--- Problem ---
Every line in the data below that includes "Type" belongs in the answer, copied as it stands.

--- Exercise data ---

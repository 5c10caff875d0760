-- ===== src/Server/Examples.antt =====
-- server/server.rs: the theorems at a server with one session, or none.
use minifto.Common.{
  ℕ, zero, suc, ◌+◌, ◌≤◌, ◌≡◌, refl, inl, true, false, none, some, List, length, [], ◌∷◌, ◌++◌,
  Bytes, codes, arith, returns, panics,
}
use minifto.Buffer
use minifto.Codec.{decode_command}
use minifto.Cmd.Parse.{parse}
use minifto.Cmd.Keyword.{keyword}
use minifto.Cmd.Port.{extract_port, field}
use minifto.Text.Decimal.{parse_unsigned}
use minifto.Text.Utf8.{to_ascii_uppercase, from_utf8_lossy, from_utf8}
use minifto.Text.Split.{find_crlf, split}
use minifto.Connection.{is_close, is_hup}
use mathlib.Core.List.{Perm}
use minifto.Common.Int.{pos}
use minifto.Poller.{Poller, poll, no_event}
use minifto.EventLoop.{EventLoop, Token, tokens, order}
use minifto.Session.State
use minifto.Session.Examples.{disk, info, config}
use minifto.SortedList.{lookup, erase, update}
use minifto.SortedList.Keys.{descriptor}
use minifto.SortedList.Examples.{seconds, one_session, first}
use minifto.ThreadPool.{execute}
use minifto.ThreadPool
use minifto.TimerList.{TimerList}
use minifto.TimerList.Timed.{IsTimed}
use minifto.Kernel.{Kernel, EpollEvent}
use minifto.EventLoop.Order.{order-tokens, seen, IsOrdered}
use minifto.Server.{notify, run_job}
use minifto.Server.State.{Moment, Slot, System}
use minifto.Server.Loop.{run}
use minifto.Server.Rounds.{AllInTime, Ran, run-Served}
use minifto.Server.Served.{IsServer, Served}
use minifto.Server.Notify.{notify-submit, notify-run_job}

abbrev mixed : List EpollEvent
mixed =
    record { events = 1; «data» = 6 }
    ∷ record { events = 1; «data» = 4 }
    ∷ record { events = 1; «data» = 3 }
    ∷ []

-- Every connection has the descriptor 5, every call is done, and `epoll_wait` reports the timer, a
-- session and the listener.
abbrev pub quiet : Kernel
quiet = record {
  World = Unit;
  accept = λ fd w. (some 5, w);
  no_delay = λ fd on w. (true, w);
  keep_alive = λ fd on w. (true, w);
  sockname = λ fd w. some [];
  peername = λ fd w. some [];
  epoll_create = λ w. (some 4, w);
  epoll_wait = λ fd room w. (some mixed, w);
  epoll_add = λ fd events w. (true, w);
  epoll_del = λ fd w. (true, w);
  timer_create = λ w. (some 6, w);
  timer_set = λ fd interval w. (true, w);
  shutdown = λ fd w. w;
  write = λ fd buf w. w;
  open_file = λ file w. (none, w);
  sendfile = λ sock fd off size w. (none, w);
  close = λ fd w. (true, w);
  get_flags = λ fd w. some (pos 0);
  read = λ fd w. w;
}

abbrev pub slot : Slot ℕ
slot = record {
  conn = record {
    sock = 4;
    state = State.ready;
    input_buf = Buffer.new;
    output_buf = Buffer.new;
    local_addr = [];
    peer_addr = [];
    revents = 0;
  };
  session = State.new (codes "/srv") config;
  poisoned = false;
}

abbrev pub serving : TimerList ℕ ℕ → System disk quiet
serving sessions = record {
  server = record { worker_pool = ThreadPool.new 1 0; sessions = sessions; config = config };
  slots = λ s. slot;
  fresh = 41;
  kernel_world = tt;
}

abbrev pub moment : ℕ → Moment
moment n = record { now = seconds n; clock = λ i. seconds n; until = seconds n; choice = 0 }

-- A connection, a message on it, and the timer a hundred seconds later.
abbrev events : List (Moment × (Token × ℕ))
events =
    (moment 20, (Token.listen 3, 1))
    ∷ (moment 21, (Token.notify 5, 1))
    ∷ (moment 121, (Token.timer 6, 1))
    ∷ []

abbrev pub one_IsServer : IsServer (serving first.0) (seconds 10) (serving first.0) one_session
one_IsServer = record { timed = first.2; at_most = inl refl; sound = λ s e. e }

notify-submit_example :
    (m : System disk quiet) × (notify (moment 20) (Token.notify 4) 1 (serving first.0) ≡ returns m)
    × (m.server.worker_pool ≡ execute 0 40 (ThreadPool.new 1 0))
    × ((m.slots 40).conn.revents ≡ 1)
    × IsTimed (seconds 20) m.server.sessions ((4, (seconds 20, 40)) ∷ erase 4 one_session)
unfolding lookup is_close is_hup
notify-submit_example =
    notify-submit (seconds 10) (serving first.0) one_session one_IsServer (moment 20) 4 1
      (omega arith, λ i. (omega arith, omega arith), omega arith) (seconds 10, 40) refl refl refl

-- PORT with an argument that `extract_port` refuses.
abbrev pub bad_port : Bytes
bad_port = codes "PORT x" ++ b'\r' ∷ b'\n' ∷ []

notify-run_job_example :
    (s : Slot ℕ) × (run_job disk info 9 (some bad_port) ([], []) slot ≡ some s)
    × (notify
          (moment 20)
          (Token.notify 4)
          1
          (record (serving first.0) { slots = update (λ i. slot) 40 s })
        ≡ panics)
unfolding lookup decode_command find_crlf State.new parse split keyword to_ascii_uppercase
    from_utf8_lossy extract_port field from_utf8 parse_unsigned
notify-run_job_example =
    notify-run_job disk info 9 (seconds 10) (serving first.0) one_session (moment 20) 4 1
      (seconds 10, 40) bad_port ([], []) one_IsServer
      (omega arith, λ i. (omega arith, omega arith), omega arith) refl refl refl

abbrev event_loop : EventLoop
event_loop = record {
  listener = 3;
  listeners = [];
  timers = 6 ∷ [];
  poller = record { events = no_event ∷ no_event ∷ no_event ∷ []; poll_fd = 7 };
  run = true;
}

order-tokens_example :
    (q : Poller) × (poll (some mixed) event_loop.poller ≡ returns (q, 3))
    × (tokens (record event_loop { poller = q }) 0 3 ≡ returns (seen event_loop mixed))
    × Perm (order (seen event_loop mixed)) (seen event_loop mixed)
    × IsOrdered (order (seen event_loop mixed))
    × (3 ≤ 3 → length q.events ≡ 6)
order-tokens_example = order-tokens event_loop mixed

abbrev pub times : ℕ → Moment
times k = moment (20 + k)

pub times-AllInTime : AllInTime (seconds 10) times
times-AllInTime zero = (omega arith, λ i. (omega arith, omega arith), omega arith)
times-AllInTime (suc k) = (omega arith, λ i. (omega arith, omega arith), omega arith)

run-Served_example : Ran (serving first.0) (seconds 10) times (
    run
      (codes "/srv")
      times
      2
      (record { event_loop = event_loop; system = serving first.0; handled = 0 }))
run-Served_example =
    run-Served (serving first.0) (seconds 10) times (codes "/srv") 2
      (record { event_loop = event_loop; system = serving first.0; handled = 0 }) one_session
      times-AllInTime one_IsServer
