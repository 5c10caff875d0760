-- ===== src/ThreadPool/Order.antt =====
-- threadpool/queue.rs: the order of the messages.
use minifto.Common.{◌≡◌, refl, sym, ap, ◌∙◌, List, [], ◌∷◌, ◌++◌, append-nil, append_assoc, arith}
use minifto.ThreadPool.{ThreadPool, Message, Label, Step, WorkerStep, Run, expand, push, notify}

module _ {J : Type 0} where
  -- The messages that are sent in a run, and those that the workers take.
  unfoldable pub sent : List (Label J) → List (Message J)
  sent [] = []
  sent (Label.sent m ∷ trace) = m ∷ sent trace
  sent (_ ∷ trace) = sent trace

  unfoldable pub taken : List (Label J) → List (Message J)
  taken [] = []
  taken (Label.taken m ∷ trace) = m ∷ taken trace
  taken (_ ∷ trace) = taken trace

  queue-expand : (p : ThreadPool J) → (expand p).queue ≡ p.queue
  unfolding expand
  queue-expand p = ground arith

  one :
      (p p' : ThreadPool J) (a : Label J)
      → Step p a p'
      → p.queue ++ sent (a ∷ []) ≡ taken (a ∷ []) ++ p'.queue
  unfolding sent taken push notify
  one p _ _ (Step.works (WorkerStep.pops l r i m q e full)) = append-nil p.queue ∙ full
  one p _ _ (Step.works (WorkerStep.waits l r i e empty)) = append-nil p.queue
  one p _ _ (Step.works (WorkerStep.finishes l r i s e h)) = append-nil p.queue
  one p _ _ (Step.works (WorkerStep.panics l r i s e h)) = append-nil p.queue
  one p _ _ (Step.wakes l r i e) = append-nil p.queue
  one p _ _ Step.expands = append-nil p.queue ∙ sym (queue-expand p)
  one p _ _ (Step.executes job) = refl
  one p _ _ Step.drops = refl
  one p _ _ (Step.notifies k n e) = append-nil p.queue

  sent-cons :
      (a : Label J) (trace : List (Label J)) → sent (a ∷ trace) ≡ sent (a ∷ []) ++ sent trace
  unfolding sent
  sent-cons (Label.sent m) trace = refl
  sent-cons (Label.taken m) trace = refl
  sent-cons Label.quiet trace = refl

  pub sent-append : (trace more : List (Label J)) → sent (trace ++ more) ≡ sent trace ++ sent more
  unfolding sent
  sent-append [] more = refl
  sent-append (a ∷ trace) more =
      sent-cons a (trace ++ more)
      ∙ ap (λ (m : List (Message J)). sent (a ∷ []) ++ m) (sent-append trace more)
      ∙ sym (append_assoc (sent (a ∷ [])) (sent trace) (sent more))
      ∙ ap (λ (m : List (Message J)). m ++ sent more) (sym (sent-cons a trace))

  taken-cons :
      (a : Label J) (trace : List (Label J)) → taken (a ∷ trace) ≡ taken (a ∷ []) ++ taken trace
  unfolding taken
  taken-cons (Label.sent m) trace = refl
  taken-cons (Label.taken m) trace = refl
  taken-cons Label.quiet trace = refl

  -- Over any run of the pool, the messages that were in the queue and then those that are sent are
  -- those that the workers take and then those that are left, in this order: none is lost, doubled
  -- or overtaken.
  pub sent-taken :
      (p p' : ThreadPool J) (trace : List (Label J))
      → Run p trace p'
      → p.queue ++ sent trace ≡ taken trace ++ p'.queue
  unfolding sent taken
  sent-taken p _ _ Run.stop = append-nil p.queue
  sent-taken p p'' _ (Run.next {p' = p'} {a = a} {trace = trace} step run) =
      ap (λ (m : List (Message J)). p.queue ++ m) (sent-cons a trace)
      ∙ sym (append_assoc p.queue _ _)
      ∙ ap (λ (m : List (Message J)). m ++ sent trace) (one p p' a step)
      ∙ append_assoc (taken (a ∷ [])) p'.queue _
      ∙ ap (λ (m : List (Message J)). taken (a ∷ []) ++ m) (sent-taken p' p'' trace run)
      ∙ sym (append_assoc (taken (a ∷ [])) _ p''.queue)
      ∙ ap (λ (m : List (Message J)). m ++ p''.queue) (sym (taken-cons a trace))
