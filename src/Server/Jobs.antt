-- ===== src/Server/Jobs.antt =====
-- server/server.rs: the events of the server's thread and the work of the pool, in any order. An
-- event is handled at once, and so is a job, under the mutex of its session, which it poisons if it
-- panics; the `Arc` that the job owns is dropped at its end.
use minifto.Common.{
  ℕ, ◌≡◌, Bool, true, false, List, [], ◌∷◌, ◌++◌, Option, some, Bytes, if◌then◌else◌, returns, none,
  ◌||◌,
}
use minifto.Os.{Os}
use minifto.Kernel.{Kernel}
use minifto.EventLoop.{Token}
use minifto.SortedList.{update}
use minifto.ThreadPool.{ThreadPool, Message, Workers, Status, awake, asleep, busy, died, receive}
use minifto.Server.{serve, run_job}
use minifto.Connection.{is_close, is_hup}
use minifto.Server.Owners.{is_listed, session_of}
use minifto.Server.State.{Slot, Moment, System, drop_session}
use minifto.Server.Served.{At}

-- What a worker is after its job on a session, whose mutex is poisoned or not.
abbrev pub worked : (poisoned : Bool) → Status ℕ
worked true = died
worked false = awake

module _ {os : Os} {kernel : Kernel} where
  abbrev pub set_pool : System os kernel → ThreadPool ℕ → System os kernel
  set_pool m p = record m { server = record m.server { worker_pool = p } }

  abbrev pub set_workers : System os kernel → Workers ℕ → System os kernel
  set_workers m ws = set_pool m (record m.server.worker_pool { workers = ws })

  -- The system with the session `s` and the workers as a job has left them. A session that neither
  -- the list nor another job owns is dropped with the job's `Arc`.
  unfoldable pub after_job :
      System os kernel → (s : ℕ) → Slot os.Sock → Workers ℕ → System os kernel
  unfolding drop_session
  after_job m s slot ws =
      let m' : System os kernel = record (set_workers m ws) { slots = update m.slots s slot } in
      record m' {
        kernel_world =
            if is_listed s m.server.sessions
            then m.kernel_world
            else drop_session m' (some s) m.kernel_world;
      }

  -- The job that an event is to give to the pool: one for the session that the list has for the
  -- descriptor, unless the connection has been closed.
  unfoldable pub submitted : Token → (revents : ℕ) → System os kernel → List ℕ
  unfolding session_of is_close is_hup
  submitted (Token.notify fd) revents m = elim (session_of m.server.sessions fd) [
    | none ↦ []
    | some s ↦ if is_close revents || is_hup revents then [] else s ∷ []
  ]
  submitted (Token.listen fd) revents m = []
  submitted (Token.timer fd) revents m = []

module _ {os : Os} {kernel : Kernel} (file_info : Bytes → os.World → Option Bytes) (fuel : ℕ)
    (root : Bytes) (t0 : ℕ) (start : System os kernel) where
  -- The system that comes of `start` by events and by steps of the workers: the time after the last
  -- event, and the sessions whose jobs have panicked.
  pub data Reach : ℕ → List ℕ → System os kernel → Type 0 where
    begins : Reach t0 [] start
    event :
        {t : ℕ} {bad : List ℕ} {m : System os kernel} (moment : Moment) (token : Token)
        (revents : ℕ) (m' : System os kernel)
        → Reach t bad m
        → At t moment
        → serve root ((moment, (token, revents)) ∷ []) m ≡ returns m'
        → Reach moment.until bad m'
    pops :
        {t : ℕ} {bad : List ℕ} {m : System os kernel} (l r : Workers ℕ) (i : ℕ) (a : Message ℕ)
        (q : List (Message ℕ))
        → Reach t bad m
        → m.server.worker_pool.workers ≡ l ++ (i, awake) ∷ r
        → m.server.worker_pool.queue ≡ a ∷ q
        → Reach t bad (
            set_pool m
              (record m.server.worker_pool { workers = l ++ (i, receive a) ∷ r; queue = q }))
    waits :
        {t : ℕ} {bad : List ℕ} {m : System os kernel} (l r : Workers ℕ) (i : ℕ)
        → Reach t bad m
        → m.server.worker_pool.workers ≡ l ++ (i, awake) ∷ r
        → m.server.worker_pool.queue ≡ []
        → Reach t bad (set_workers m (l ++ (i, asleep) ∷ r))
    wakes :
        {t : ℕ} {bad : List ℕ} {m : System os kernel} (l r : Workers ℕ) (i : ℕ)
        → Reach t bad m
        → m.server.worker_pool.workers ≡ l ++ (i, asleep) ∷ r
        → Reach t bad (set_workers m (l ++ (i, awake) ∷ r))
    job :
        {t : ℕ} {bad : List ℕ} {m : System os kernel} (l r : Workers ℕ) (i s : ℕ)
        (msg : Option Bytes) (world : os.World) (slot : Slot os.Sock)
        → Reach t bad m
        → m.server.worker_pool.workers ≡ l ++ (i, busy s) ∷ r
        → run_job os file_info fuel msg world (m.slots s) ≡ some slot
        → Reach t
            (if slot.poisoned then s ∷ bad else bad)
            (after_job m s slot (l ++ (i, worked slot.poisoned) ∷ r))

module _ {os : Os} {kernel : Kernel} {file_info : Bytes → os.World → Option Bytes} {fuel : ℕ}
    {root : Bytes} {t0 : ℕ} {start : System os kernel} where
  -- The jobs that the events are to give to the pool, one after the other.
  unfoldable pub submissions :
      {t : ℕ} {bad : List ℕ} {m : System os kernel}
      → Reach file_info fuel root t0 start t bad m
      → List ℕ
  unfolding submitted
  submissions Reach.begins = []
  submissions (Reach.event {m = m} moment token revents m' reach at e) =
      submissions reach ++ submitted token revents m
  submissions (Reach.pops l r i a q reach e f) = submissions reach
  submissions (Reach.waits l r i reach e f) = submissions reach
  submissions (Reach.wakes l r i reach e) = submissions reach
  submissions (Reach.job l r i s msg world slot reach e f) = submissions reach
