-- ===== src/Server/Pooled.antt =====
-- server/server.rs: what an event does to the pool.
use minifto.Common.{
  ℕ, ◌+◌, ◌≡◌, refl, Option, none, some, [], ◌∷◌, Bytes, Fallible, returns, panics, ◌>>=◌, ◌||◌,
  Returned, Returned-bind, Returned-step, Returned-branch, List, ap, ◌∙◌, sym, subst, unwrap, Bool,
  true, false, arith, if◌then◌else◌,
}
use minifto.Os.{Os}
use minifto.Kernel.{Kernel}
use minifto.Connection
use minifto.Connection.{Connection, is_close, is_hup}
use minifto.Connection.Calls
use minifto.EventLoop
use minifto.EventLoop.{Token}
use minifto.Socket
use mathlib.Core.Option
use minifto.SortedList
use minifto.SortedList.{Ptr}
use minifto.SortedList.Keys.{descriptor}
use minifto.ThreadPool.{ThreadPool, execute}
use minifto.TimerList
use minifto.TimerList.{TimerList}
use minifto.Server.{
  serve, ready, connect, admit, admits, add_session, notify, notify_session, hang_up, submit,
  deregister, remove_idle, write_revents,
}
use minifto.Server.Owners.{session_of}
use minifto.Server.Jobs.{submitted}
use minifto.Server.State.{Moment, System, set_sessions, drop_sessions}

-- The pool with the jobs that an event gives it.
abbrev pub executed : (k : ℕ) → List ℕ → ThreadPool ℕ → ThreadPool ℕ
executed k [] p = p
executed k (s ∷ jobs) p = executed k jobs (execute k s p)

-- What stands in the node of a descriptor.
abbrev peek : TimerList ℕ ℕ → Option Ptr → Option (ℕ × ℕ)
peek t none = none
peek t (some p) = t.list.heap.val p

-- What `SortedList.get` has found.
abbrev found_value : SortedList.SortedList ℕ (ℕ × ℕ) × Option (Ptr × (ℕ × ℕ)) → Option (ℕ × ℕ)
found_value r = Option.map (λ (n : Ptr × (ℕ × ℕ)). n.1) r.1

get-peek :
    (t : TimerList ℕ ℕ) (fd : ℕ)
    → Returned
        (λ r. found_value r ≡ peek t (SortedList.lookup fd t.list.map))
        (SortedList.get t.list fd)
unfolding SortedList.get
get-peek t fd = go (SortedList.lookup fd t.list.map)
  where
    deref_val :
        (p : Ptr)
        → Returned (λ v. v ≡ t.list.heap.val p) (SortedList.deref t.list.heap p (t.list.heap.val p))
    deref_val p = Returned-branch (λ v. v ≡ t.list.heap.val p) (t.list.heap.live p) _ _ refl tt

    unwrapped : (o : Option (ℕ × ℕ)) → Returned (λ v. some v ≡ o) (unwrap o)
    unwrapped none = tt
    unwrapped (some v) = refl

    go :
        (o : Option Ptr)
        → Returned
            (λ r. found_value r ≡ peek t o)
            (elim o [
              | none ↦ returns (t.list, none)
              | some node ↦ do
                val ← SortedList.deref t.list.heap node (t.list.heap.val node)
                v ← unwrap val
                s' ← SortedList.to_front t.list node
                returns (s', some (node, v))
            ])
    go none = refl
    go (some p) =
        let P = λ (r : SortedList.SortedList ℕ (ℕ × ℕ) × Option (Ptr × (ℕ × ℕ))).
          found_value r ≡ t.list.heap.val p in
        Returned-step (λ v. v ≡ t.list.heap.val p) P _ _ (deref_val p)
          λ val e.
            Returned-step (λ v. some v ≡ val) P (unwrap val) _ (unwrapped val)
              λ v f. Returned-bind P (SortedList.to_front t.list p) _ λ s'. f ∙ e

get-session_of :
    (now : ℕ) (t : TimerList ℕ ℕ) (fd : ℕ)
    → Returned (λ (r : TimerList ℕ ℕ × Option ℕ). r.1 ≡ session_of t fd) (TimerList.get now t fd)
unfolding TimerList.get session_of
get-session_of now t fd =
    Returned-step (λ r. found_value r ≡ peek t (SortedList.lookup fd t.list.map))
      (λ (r : TimerList ℕ ℕ × Option ℕ). r.1 ≡ session_of t fd) (SortedList.get t.list fd) _
      (get-peek t fd) λ r e. found (SortedList.lookup fd t.list.map) r.0 r.1 e
  where
    found :
        (o : Option Ptr) (s : SortedList.SortedList ℕ (ℕ × ℕ)) (v : Option (Ptr × (ℕ × ℕ)))
        → found_value (s, v) ≡ peek t o
        → Returned
            (λ (r : TimerList ℕ ℕ × Option ℕ). r.1 ≡ elim o [
              | none ↦ none
              | some p ↦ Option.map (λ (n : ℕ × ℕ). n.1) (t.list.heap.val p)
            ])
            (elim v [
              | none ↦ returns (record t { list = s }, none)
              | some n ↦ returns (record t { list = TimerList.stamp now s n }, some n.1.1)
            ])
    found none s none e = refl
    found none s (some n) e = absurd (ground (arith, e))
    found (some p) s none e = ap (Option.map (λ (n : ℕ × ℕ). n.1)) e
    found (some p) s (some n) e = ap (Option.map (λ (n : ℕ × ℕ). n.1)) e

module _ {os : Os} {kernel : Kernel} where
  -- An event leaves the pool as it is.
  unfoldable pub Pooled : ThreadPool ℕ → System os kernel → Type 0
  Pooled p m = m.server.worker_pool ≡ p

  deregister-Pooled :
      (fd : ℕ) (m : System os kernel) → Returned (Pooled m.server.worker_pool) (deregister fd m)
  unfolding deregister Pooled
  deregister-Pooled fd m =
      Returned-bind (Pooled m.server.worker_pool) (EventLoop.deregister kernel fd m.kernel_world) _
        (λ w. refl)

  add_session-Pooled :
      (root : Bytes) (moment : Moment) (fd : ℕ) (conn : Connection) (m : System os kernel)
      → Returned (Pooled m.server.worker_pool) (add_session root moment fd conn m)
  unfolding add_session Pooled
  add_session-Pooled root moment fd conn m =
      Returned-bind (Pooled m.server.worker_pool)
        (TimerList.insert moment.now m.server.sessions fd m.fresh) _ (λ t. refl)

  admit-Pooled :
      (root : Bytes) (moment : Moment) (fd : ℕ) (conn : Connection) (m : System os kernel)
      → Returned (Pooled m.server.worker_pool) (admit root moment fd conn m)
  unfolding admit
  admit-Pooled root moment fd conn m =
      let P = Pooled m.server.worker_pool in
      let sent = Calls.register_read kernel conn m.kernel_world in
      Returned-branch P (admits m)
        (sent >>= λ w. add_session root moment fd conn (record m { kernel_world = w }))
        (returns (record m { kernel_world = (Calls.shutdown kernel conn m.kernel_world).1 }))
        (Returned-bind P sent _
          λ w. add_session-Pooled root moment fd conn (record m { kernel_world = w }))
        (unfold Pooled in refl)

  ready-Pooled :
      (root : Bytes) (moment : Moment) (token : Token) (m : System os kernel)
      → Returned (Pooled m.server.worker_pool) (ready root moment token m)
  unfolding ready connect Pooled
  ready-Pooled root moment (Token.listen listen_fd) m =
      let P = Pooled m.server.worker_pool in
      Returned-bind P (Socket.accept_client kernel listen_fd m.kernel_world) _ λ r.
        Returned-bind P (Connection.new r.0 (kernel.sockname r.0 r.1) (kernel.peername r.0 r.1)) _
          λ conn. admit-Pooled root moment r.0 conn (record m { kernel_world = r.1 })
  ready-Pooled root moment (Token.notify fd) m = refl
  ready-Pooled root moment (Token.timer fd) m = refl

  hang_up-Pooled :
      (fd : ℕ) (m : System os kernel) → Returned (Pooled m.server.worker_pool) (hang_up fd m)
  unfolding hang_up
  hang_up-Pooled fd m =
      Returned-bind (Pooled m.server.worker_pool) (TimerList.remove m.server.sessions fd) _
        λ r. deregister-Pooled fd _

  remove_idle-Pooled :
      (moment : Moment) (fd : ℕ) (m : System os kernel)
      → Returned (Pooled m.server.worker_pool) (remove_idle moment fd m)
  unfolding remove_idle Pooled
  remove_idle-Pooled moment fd m =
      Returned-bind (Pooled m.server.worker_pool)
        (TimerList.remove_idle (TimerList.size m.server.sessions + 1) moment.clock
          m.server.sessions)
        _ removed
    where
      removed :
          (r : Option (TimerList ℕ ℕ))
          → Returned (Pooled m.server.worker_pool) (elim r [
            | none ↦ panics
            | some t ↦
                let dropped =
                  drop_sessions m m.server.sessions t m.server.sessions.list.map m.kernel_world in
                returns (record (set_sessions m t) { kernel_world = kernel.read fd dropped })
          ])
      removed none = tt
      removed (some t) = refl

  abbrev pub Submits : Moment → Token → ℕ → System os kernel → System os kernel → Type 0
  Submits moment token revents m m' =
      m'.server.worker_pool
      ≡ executed moment.choice (submitted token revents m) m.server.worker_pool

  notify_session-Submits :
      (moment : Moment) (fd revents s : ℕ) (m m0 : System os kernel)
      → m.server.worker_pool ≡ m0.server.worker_pool
      → session_of m0.server.sessions fd ≡ some s
      → Returned
          (Submits moment (Token.notify fd) revents m0)
          (notify_session moment fd revents s m)
  unfolding notify_session submit write_revents submitted
  notify_session-Submits moment fd revents s m m0 same e =
      let asked : submitted (Token.notify fd) revents m0
          ≡ (if is_close revents || is_hup revents then [] else s ∷ []) =
        rw (submitted, e) refl in
      let P = λ (jobs : List ℕ) (m' : System os kernel).
        m'.server.worker_pool ≡ executed moment.choice jobs m0.server.worker_pool in
      subst (λ jobs. Returned (P jobs) (notify_session moment fd revents s m)) (sym asked)
        (Returned-branch (P (if is_close revents || is_hup revents then [] else s ∷ []))
          (m.slots s).poisoned panics _ tt (closed (is_close revents || is_hup revents)))
    where
      closed :
          (b : Bool)
          → Returned
              (λ m'.
                m'.server.worker_pool
                ≡ executed moment.choice (if b then [] else s ∷ []) m0.server.worker_pool)
              (if b
                then hang_up fd (write_revents revents s m)
                else returns (submit moment s (write_revents revents s m)))
      closed true =
          subst
            (λ p.
              Returned (λ m'. m'.server.worker_pool ≡ p) (hang_up fd (write_revents revents s m)))
            same (unfold Pooled in hang_up-Pooled fd (write_revents revents s m))
      closed false = ap (execute moment.choice s) same

  notify-Submits :
      (moment : Moment) (fd revents : ℕ) (m : System os kernel)
      → Returned
          (Submits moment (Token.notify fd) revents m)
          (notify moment (Token.notify fd) revents m)
  unfolding notify submitted
  notify-Submits moment fd revents m =
      Returned-step (λ r. r.1 ≡ session_of m.server.sessions fd) _
        (TimerList.get moment.now m.server.sessions fd) _
        (get-session_of moment.now m.server.sessions fd) λ r e. got r.0 r.1 e
    where
      got :
          (t : TimerList ℕ ℕ) (v : Option ℕ)
          → v ≡ session_of m.server.sessions fd
          → Returned (Submits moment (Token.notify fd) revents m) (elim v [
            | none ↦ deregister fd (set_sessions m t)
            | some s ↦ notify_session moment fd revents s (set_sessions m t)
          ])
      got t none e =
          let asked : submitted (Token.notify fd) revents m ≡ [] = rw (submitted, sym e) refl in
          subst
            (λ jobs.
              Returned
                (λ (m' : System os kernel).
                  m'.server.worker_pool ≡ executed moment.choice jobs m.server.worker_pool)
                (deregister fd (set_sessions m t)))
            (sym asked) (unfold Pooled in deregister-Pooled fd (set_sessions m t))
      got t (some s) e =
          notify_session-Submits moment fd revents s (set_sessions m t) m refl (sym e)

  -- The events behind the last.
  none_left :
      (root : Bytes) (P : System os kernel → Type 0) (r : Fallible (System os kernel))
      → Returned P r
      → Returned P (r >>= λ m. serve root [] m)
  unfolding serve
  none_left root P (returns m) h = h
  none_left root P panics h = tt

  pub serve-Submits :
      (root : Bytes) (moment : Moment) (token : Token) (revents : ℕ) (m : System os kernel)
      → Returned (Submits moment token revents m) (serve root ((moment, (token, revents)) ∷ []) m)
  unfolding serve submitted Pooled notify
  serve-Submits root moment (Token.listen fd) revents m =
      none_left root (Submits moment (Token.listen fd) revents m) _
        (ready-Pooled root moment (Token.listen fd) m)
  serve-Submits root moment (Token.notify fd) revents m =
      none_left root (Submits moment (Token.notify fd) revents m) _
        (notify-Submits moment fd revents m)
  serve-Submits root moment (Token.timer fd) revents m =
      none_left root (Submits moment (Token.timer fd) revents m) _ (remove_idle-Pooled moment fd m)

--- Solved exercise ---
module _ {J : Type 0} where
  pub data Reach : ℕ → List ℕ → System os kernel → Type 0 where
  unfoldable pub Pooled : ThreadPool ℕ → System os kernel → Type 0
  abbrev pub Submits : Moment → Token → ℕ → System os kernel → System os kernel → Type 0
      (root : Bytes) (P : System os kernel → Type 0) (r : Fallible (System os kernel))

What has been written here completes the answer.